Недавно у нас очень кстати прозвучала китайская мудрость о том, что в сезон
урагана нужно строить не дома, а мельницы. Дао по обыкновению дает интегральные
многоуровневые ответы.
В нашей ситуации любой экономике можно посоветовать – строить атомные станции. В
прямом и переносном смысле. В прямом – как гарантию на то, чтобы не стать
кандидатом на списание. Ирак в восьмидесятые годы подвергли бомбардировке за
одно только намерение строить ядерный реактор. Зато несопоставимую с Ираком в
военном отношении КНДР бомбардировщики и прочие неприятности старательно обходят
стороной, именно из-за наличия у нее функционирующей атомной программы. Вот и
мораль – делайте вклады в стратегические активы.
В переносном – это логика развития инновационного, человеческого (а не
полезно-ископаемого) типа экономики. Атомный и космический проект способны
обеспечить стране такое будущее, в котором “ресурсом” станет человек. В тех же
вариантах, где сила государства обеспечивается полезными ископаемыми, само
государство рискует скоро стать бесполезным ископаемым. Мы говорили об этом не
раз – но теперь вместе с нами говорит мировой кризис. И он, как ни странно, наш
(потенциальный) союзник.
Стране необходима среднесрочная экономическая программа, делающая упор на
постиндустриальный тип развития, на поддержку имеющихся у нас наукоемких
мощностей и подъем специального образования.
Стране необходим штурманский режим выхода из предстоящего кризиса. Команда
профессионалов, архитекторов национального будущего. Выбора между развитием и
каменным веком для нас нет и быть не должно.
Новые тенденции идут вопреки прибыльности еще вчера доходного бизнеса.
Строительство, производство роскоши, досуг, туризм покидают топ. Сойдет на нет
истерия потребления, люди станут осмотрительнее в тратах.
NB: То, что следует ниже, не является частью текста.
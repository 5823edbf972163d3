-- ===== src/Raft/Replication/Progress.antt =====
-- What the answer to an AppendEntries request in raft/replication.go does to the leader's record of
-- its peers.
use fraud_scoring_platform.Raft.Action.Frame.{
  advance_commit_index-SameButCommit, observe_term_frame,
}
use fraud_scoring_platform.Raft.Role.{advance_commit_index, observe_term}
use fraud_scoring_platform.Raft.Types.{AppendEntriesReply, AppendEntriesArgs, NodeId}
use fraud_scoring_platform.Raft.Replication.{on_append_reply}
use fraud_scoring_platform.Raft.Node.{update, Node}
use fraud_scoring_platform.Prelude.{
  ◌⊎◌, max, length, ap, eq_iff, add64, inc64, ◌<◌, false, ◌≤◌, ◌≡◌, arith,
}

-- The peer is tried again one entry earlier.
pub record BackedUp {D : Type 0} (n m : Node D) (peer : NodeId) (args : AppendEntriesArgs)
    (answer : AppendEntriesReply) (q : NodeId) : Type 0 where
  pub same : q ≡ peer
  pub refused : answer.success ≡ false
  pub positive : 0 < args.prev_log_index
  pub fresh : n.next_index q ≡ inc64 args.prev_log_index
  pub earlier : m.next_index q ≡ args.prev_log_index

module _ {D : Type 0} (peer : NodeId) (args : AppendEntriesArgs) (answer : AppendEntriesReply)
    (n : Node D) where
  abbrev pub observed : Node D
  observed = (observe_term answer.term n).1

  -- What the leader records when the peer has stored the entries.
  abbrev pub recorded : Node D
  recorded =
      let match = add64 args.prev_log_index (length args.entries) in
      record observed {
        match_index = update observed.match_index peer (max (observed.match_index peer) match);
        next_index = update observed.next_index peer (max (observed.next_index peer) (inc64 match));
      }

  pub frames :
      (q : NodeId)
      → (observed.match_index q ≡ n.match_index q)
        × (observed.next_index q ≡ n.next_index q)
        × ((advance_commit_index recorded).1.match_index q ≡ recorded.match_index q)
        × ((advance_commit_index recorded).1.next_index q ≡ recorded.next_index q)
  frames q =
      let (frame, _, _) = observe_term_frame n answer.term in
      let kept = advance_commit_index-SameButCommit recorded in
      (
        ap (λ f. f q) frame.match_index,
        ap (λ f. f q) frame.next_index,
        ap (λ f. f q) kept.match_index,
        ap (λ f. f q) kept.next_index,
      )

  on_append_reply-match :
      (q : NodeId) → n.match_index q ≤ (on_append_reply peer args answer n).1.match_index q
  unfolding on_append_reply
  on_append_reply-match q =
      ground (arith, frames q, eq_iff q peer, ap n.match_index {x = q} {y = peer})

  on_append_reply-next :
      (q : NodeId)
      → (n.next_index q ≤ (on_append_reply peer args answer n).1.next_index q)
        ⊎ BackedUp n (on_append_reply peer args answer n).1 peer args answer q
  unfolding on_append_reply
  on_append_reply-next q = ground (
    arith,
    frames q,
    eq_iff q peer,
    ap n.next_index {x = q} {y = peer},
    ap observed.next_index {x = q} {y = peer},
  )

  -- Whatever answer arrives, late or not, on whatever node: the recorded match index of no peer
  -- goes down, and its next index goes down only for the peer asked, on a refusal, from just behind
  -- the entry that the request was based on, an index above 0, to that entry.
  pub on_append_reply_lem :
      (q : NodeId)
      → (n.match_index q ≤ (on_append_reply peer args answer n).1.match_index q)
        × ((n.next_index q ≤ (on_append_reply peer args answer n).1.next_index q)
            ⊎ BackedUp n (on_append_reply peer args answer n).1 peer args answer q)
  on_append_reply_lem q = (on_append_reply-match q, on_append_reply-next q)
Скупее станут. (Это
сократит доходы агрессивной торговли, ориентированной на быстрый оборот средств,
зато даст возможности роста занятым в сфере ремонта, технической поддержки,
рынка комплектующих).
Массовым станет переход на новые профессии, а значит, возрастет и рыночная доля
агентств подбора кадров и бирж труда, курсов профессиональной переориентации.
Очевидно, растут перспективы среднего бизнеса, если он ориентирован на доступные
вещи – мелкооптовая торговля, точки питания, секонд-хенд. Семейные мастерские и
пекарни во времена спада оказываются выгоднее гипермаркетов, напичканных
синтетической “элитной едой” и маловразумительными гаджетами.
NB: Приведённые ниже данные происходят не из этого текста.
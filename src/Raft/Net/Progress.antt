-- ===== src/Raft/Net/Progress.antt =====
-- What each action of a node (raft/*.go) does to its commit index and to a leader's record of its
-- peers.
use fraud_scoring_platform.Raft.Action.Frame.{
  observe_term_frame, advance_commit_index-SameButCommit,
}
use fraud_scoring_platform.Raft.Role.{advance_commit_index}
use fraud_scoring_platform.Raft.Log.{last_index, last_term}
use fraud_scoring_platform.Raft.Net.Growth.{observe_term-log, LogMerged}
use fraud_scoring_platform.Raft.Log.Shape.{HasRoom}
use fraud_scoring_platform.Raft.Net.Origins.{IsWhole}
use fraud_scoring_platform.Raft.Replication.Progress.{frames, recorded}
use fraud_scoring_platform.Raft.Replication.{on_append_reply}
use fraud_scoring_platform.Raft.Net.Advance.{Finished-commit, Finished, CommitMove, MatchKept}
use fraud_scoring_platform.Raft.Types.{
  Entry, ok, AppendEntriesReply, leader, AppendEntriesArgs, NodeId,
}
use fraud_scoring_platform.Raft.Node.{Node}
use fraud_scoring_platform.Raft.Net.{Net}
use fraud_scoring_platform.Prelude.{
  ap, eq_iff, ◌+◌, ◌≤◌, length, sym, min, add64, subst, max, true, inr, Elem, inl, ◌⊎◌, ◌≡◌, arith,
}

-- The leader has counted the answer of peer `q` to a request of its own.
pub record HasCounted {D : Type 0} (c : Net D) (i : NodeId) (n m : Node D) (q : NodeId)
    : Type 0 where
  pub args : AppendEntriesArgs
  pub answer : AppendEntriesReply
  pub sent : Elem (record { peer = q; args = args; answer = answer }) c.replies
  pub mine : i ≡ args.leader_id
  pub success : answer.success ≡ true
  pub term : n.current_term ≡ args.term
  pub counted : m.match_index q ≡ add64 args.prev_log_index (length args.entries)

-- What a leader knows of its peers: what it knew, nothing, or what a peer has answered.
abbrev pub MatchStep : {D : Type 0} → Net D → NodeId → Node D → Node D → Type 0
MatchStep c i n m =
    m.role ≡ leader
    → (q : NodeId)
    → (m.match_index q ≡ 0)
      ⊎ ((n.role ≡ leader)
          × (m.current_term ≡ n.current_term)
          × ((m.match_index q ≡ n.match_index q) ⊎ HasCounted c i n m q))

-- A follower commits to what the leader has, as far as it has just stored it.
abbrev pub CommitStep : {D : Type 0} → Net D → Node D → Node D → Type 0
CommitStep c n m =
    CommitMove n m
    ⊎ ((args : AppendEntriesArgs) × Elem args c.requests
        × LogMerged n m args
        × (m.commit_index
            ≡ max n.commit_index
                (min args.leader_commit (args.prev_log_index + length args.entries))))

module _ {D : Type 0} (c : Net D) (i : NodeId) (n : Node D) where
  pub MatchKept-MatchStep : (m : Node D) → MatchKept n m → MatchStep c i n m
  MatchKept-MatchStep m k r q = elim (k r q) [
    | inl (led, term, same) ↦ inr (led, term, inl same)
    | inr none_known ↦ inl none_known
  ]

  module _ (peer : NodeId) (args : AppendEntriesArgs) (answer : AppendEntriesReply) where
    abbrev counted_on : Node D
    counted_on = recorded peer args answer n

    reply-shape :
        (on_append_reply peer args answer n).0 ≡ ok tt
        → (Finished (advance_commit_index counted_on).1 (on_append_reply peer args answer n).1
            × ((on_append_reply peer args answer n).1.role ≡ leader))
          ⊎ ((on_append_reply peer args answer n).1.commit_index ≡ n.commit_index)
    unfolding on_append_reply
    reply-shape done =
        ground
          (arith, advance_commit_index-SameButCommit counted_on, observe_term_frame n answer.term)

    pub reply-commit :
        IsWhole n.log
        → HasRoom n.log
        → last_term n.log ≤ n.current_term
        → n.commit_index ≤ last_index n.log
        → (on_append_reply peer args answer n).0 ≡ ok tt
        → CommitMove n (on_append_reply peer args answer n).1
    reply-commit w room newest within done = elim (reply-shape done) [
      | inr same ↦ inl same
      | inl (f, r) ↦
          let (frame, term, _) = observe_term_frame n answer.term in
          let whole = subst IsWhole (sym frame.log) w in
          Finished-commit n counted_on (on_append_reply peer args answer n).1
            (record {
              good = whole.good;
              room = subst HasRoom (sym frame.log) room;
              committed = omega (arith, ap (λ (y : Entry). y.index) whole.rooted);
              newest = omega (arith, ap last_term frame.log, newest, term);
            })
            (omega (arith, ap last_index frame.log, within, frame.commit_index)) frame.commit_index
            r (inl f)
    ]

    reply-match :
        (on_append_reply peer args answer n).0 ≡ ok tt
        → (on_append_reply peer args answer n).1.role ≡ leader
        → (q : NodeId)
        → (n.role ≡ leader)
          × ((on_append_reply peer args answer n).1.current_term ≡ n.current_term)
          × (((on_append_reply peer args answer n).1.match_index q ≡ n.match_index q)
              ⊎ ((q ≡ peer)
                  × (answer.success ≡ true)
                  × (n.current_term ≡ args.term)
                  × ((on_append_reply peer args answer n).1.match_index q
                      ≡ add64 args.prev_log_index (length args.entries))))
    unfolding on_append_reply
    reply-match done r q = ground (
      arith,
      frames peer args answer n q,
      eq_iff q peer,
      ap n.match_index {x = q} {y = peer},
      observe_term-log n answer.term,
      advance_commit_index-SameButCommit counted_on,
    )

    pub reply-MatchStep :
        (on_append_reply peer args answer n).0 ≡ ok tt
        → Elem (record { peer = peer; args = args; answer = answer }) c.replies
        → i ≡ args.leader_id
        → MatchStep c i n (on_append_reply peer args answer n).1
    reply-MatchStep done sent mine r q =
        let (led, term, cases) = reply-match done r q in
        inr (
          led,
          term,
          elim cases [
            | inl same ↦ inl same
            | inr (own, success, at, counted) ↦ inr (record {
              args = args;
              answer = answer;
              sent =
                  subst (λ p. Elem (record { peer = p; args = args; answer = answer }) c.replies)
                    (sym own) sent;
              mine = mine;
              success = success;
              term = at;
              counted = counted;
            })
          ],
        )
Оправданными (на фоне падения покупательной способности и потребительского
импорта) окажутся дополнительные инвестиции в сельское хозяйство.
И это хорошо, что есть те, кто выиграет на фоне общего спада. Но средний бизнес
станет для кого-то тихой заводью, не больше. Национальную экономику он не
спасет.
В зоне падения уже оказываются техногенные производства. Мировой кризис
металлургии отказывает в развитии также и нашим совместным проектам. С другой
стороны, это дает возможность национальному бизнесу отыграть прежние сделки с
иностранным, паразитирующим на стране бизнесом на фоне их обесцененной кризисом
капитализации.
Отдельных выигрышных возможностей достаточно. Но для целостной антикризисной
программы этого критически мало.
В “мире после кризиса” будет спасительно мал спрос на ненужные вещи. В нем не
будет многого из того, к чему мы привыкли и считаем привычным.
Однако в нем определенно будут банки, энергетика и транспортная инфраструктура.
Системообразующие факторы, в которые необходимо вложиться, чтобы не стать
отцепленным вагоном, ржавеющем на запущенном полустанке.